» **What you have to do**: Scan the data below for lines holding the word "List", and copy each line found.

Collected data:
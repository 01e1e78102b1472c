-- ===== src/Node/Cluster.antt =====
-- The clusters for consensus (node/cluster.go, node/consensus.go): how the head node forms one, and how a
-- worker joins and leaves. Each wait for a confirmation has its reply, or none after the time.
pub mod Formed
pub mod Member
use b7s.Common.{
  Bool, true, false, List, [], ◌∷◌, Option, none, some, length, nat_beq, if◌then◌else◌, ◌==◌,
}
use b7s.Common.Text.{Text, text_eq}
use b7s.Common.Map.{Map, insert}
use b7s.Common.Outcome.{Outcome, ok, err}
use b7s.Models.{PeerId}
use b7s.Models.Code
use b7s.Models.Code.{Code}
use b7s.Node.Sending.{send_to_many}

pub data ClusterError : Type 0 where
  request_not_sent some_did_not_join : ClusterError

abbrev pub is_ok : Option Code → Bool
is_ok none = false
is_ok (some code) = code == Code.ok

-- The set `bootstrapped`, of the texts of the peer IDs.
unfoldable pub bootstrapped :
    (PeerId → Text) → (PeerId → Option Code) → List PeerId → Map Text (Unit {0})
bootstrapped peer_text replies [] = []
bootstrapped peer_text replies (replica ∷ replicas) =
    let joined = bootstrapped peer_text replies replicas in
    if is_ok (replies replica) then insert (peer_text replica) tt joined else joined

unfoldable pub form_cluster :
    (PeerId → Text → Bool)
    → (PeerId → Text)
    → (PeerId → Option Code)
    → Option Text
    → List PeerId
    → Outcome ClusterError (Unit {0})
form_cluster delivers peer_text replies payload replicas =
    elim (send_to_many delivers replicas payload true) [
      | err e ↦ err request_not_sent
      | ok done ↦
          if nat_beq (length (bootstrapped peer_text replies replicas)) (length replicas)
          then ok tt
          else err some_did_not_join
    ]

» **Exercise solution**:
  Bool, true, false, List, [], ◌∷◌, Option, none, some, length, nat_beq, if◌then◌else◌, ◌==◌,
    (PeerId → Text) → (PeerId → Option Code) → List PeerId → Map Text (Unit {0})
    → List PeerId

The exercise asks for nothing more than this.